Lysosomal Diseases Research Unit (LDRU), SA Pathology, North Adelaide, Australia.
Hum Mutat. 2010 Jul;31(7):E1574-86. doi: 10.1002/humu.21286.
Mucopolysaccharidosis (MPS) IIIC is an autosomal recessive lysosomal storage disorder caused by a deficiency in heparan acetyl CoA: alpha-glucosaminide N-acetyltransferase (HGSNAT). The characteristic feature is the deterioration of the central nervous system, but other symptoms may include coarse facies, developmental delay, macrocrania and motor retardation. HGSNAT is localised to the lysosomal membrane and catalyses a transmembrane acetylation in which the terminal glucosamine residue of heparan sulphate acquires an acetyl group, thus forming N-acetylglucosamine. 54 variants of the HGSNAT gene have been identified in MPS IIIC patients thus far, 22 of which are missense mutations. In this study, 20 of the latter were introduced into the cDNA of HGSNAT, and the resultant derivatives were exogenously expressed in cell culture. Transfection of 16 of these resulted in the synthesis of negligible HGSNAT protein and activity. The levels and function of the remaining 4 mutants, however, were similar to those of exogenously expressed wild-type HGSNAT. Interestingly, c.1209G>T (p.W403C), which is present in a variant classified in the former category, has only been sequenced in alleles also possessing c.1843G>A (p.A615T), which independently has a negligible effect on HGSNAT expression. This report suggests that these may function together to abolish HGSNAT activity.

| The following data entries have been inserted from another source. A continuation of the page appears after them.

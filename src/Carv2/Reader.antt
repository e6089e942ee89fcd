-- ===== src/Carv2/Reader.antt =====
-- internal/carv2/car.go: reading the blocks of a CARv1 stream.
use ipfs_content.Prelude.{
  ℕ, ◌*◌, ◌^◌, Bool, false, not, Option, none, some, [], ◌∷◌, if◌then◌else◌, nat_beq, Result, ok,
  err, ◌>>=◌, Comparable, ◌==◌,
}
use ipfs_content.Carv2.{
  Bytes, CarError, bad_version, no_roots, hash_mismatch, foreign, Varint, Cids,
}
use ipfs_content.Carv2.Section.{read_node}
use ipfs_content.Carv2.Header.{CarHeader, HeaderCodec, read_header}

-- 32 MiB and 8 MiB.
abbrev pub default_max_header : ℕ
default_max_header = 32 * 2 ^ 20

abbrev pub default_max_section : ℕ
default_max_section = 8 * 2 ^ 20

-- The stream of the reader, and what it was made with.
pub record CarReader (C : Type 0) : Type 0 where
  pub stream : Bytes
  pub header : CarHeader C
  pub zero_len_as_eof : Bool
  pub max_section : ℕ

module _ (v : Varint) {C : Type 0} (hc : HeaderCodec C) where
  unfoldable pub checked_reader : Bool → ℕ → CarHeader C × Bytes → Result CarError (CarReader C)
  checked_reader zero_len max (h, s) =
      if not (nat_beq h.version 1) then err bad_version else elim h.roots [
        | [] ↦ err no_roots
        | r ∷ rs ↦
            ok (record { stream = s; header = h; zero_len_as_eof = zero_len; max_section = max })
      ]

  unfoldable pub new_car_reader_without_defaults :
      Bytes → Bool → ℕ → ℕ → Result CarError (CarReader C)
  unfolding checked_reader
  new_car_reader_without_defaults s zero_len max_header max_section =
      read_header v hc max_header s >>= checked_reader zero_len max_section

  unfoldable pub new_car_reader : Bytes → Result CarError (CarReader C)
  unfolding new_car_reader_without_defaults
  new_car_reader s = new_car_reader_without_defaults s false default_max_header default_max_section

module _ (v : Varint) {C : Type 0} (cs : Cids C) ⦃e : Comparable C⦄ where
  -- The hash of the data, by the way of the CID, must be the CID.
  unfoldable pub verified : C → Bytes → Option C → Result CarError (C × Bytes)
  verified c d none = err foreign
  verified c d (some hashed) = if hashed == c then ok (c, d) else err hash_mismatch

  -- Next, on the stream and what the reader was made with. NewBlockWithCid pairs the two.
  unfoldable pub next_block : Bool → ℕ → Bytes → Result CarError ((C × Bytes) × Bytes)
  unfolding verified
  next_block zero_len max s = do
    r ← read_node v cs zero_len max s
    let (c, d) = r.0
    b ← verified c d (cs.prefix_sum c d)
    ok (b, r.1)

黏多糖贮积症 III 型(MPS III)是一种常染色体隐性溶酶体贮积病,由乙酰肝素 CoA:α-葡糖胺 N-乙酰转移酶(HGSNAT)缺乏引起。其特征性表现为中枢神经系统恶化,但其他症状可能包括面容粗糙、发育迟缓、大头畸形和运动迟缓。HGSNAT 位于溶酶体膜上,催化跨膜乙酰化,其中肝素硫酸的末端葡萄糖胺残基获得乙酰基,从而形成 N-乙酰葡萄糖胺。迄今为止,在 MPS III 型患者中已鉴定出 HGSNAT 基因的 54 种变体,其中 22 种是错义突变。在这项研究中,将后者中的 20 种引入 HGSNAT 的 cDNA 中,并在细胞培养中体外表达所得衍生物。转染其中的 16 种导致 HGSNAT 蛋白和活性的合成可忽略不计。然而,其余 4 种突变体的水平和功能与外源性表达的野生型 HGSNAT 相似。有趣的是,c.1209G>T(p.W403C)存在于分类为前者的变体中,仅在等位基因中测序存在 c.1843G>A(p.A615T),后者独立地对 HGSNAT 表达几乎没有影响。本报告表明,这些可能共同作用以消除 HGSNAT 的活性。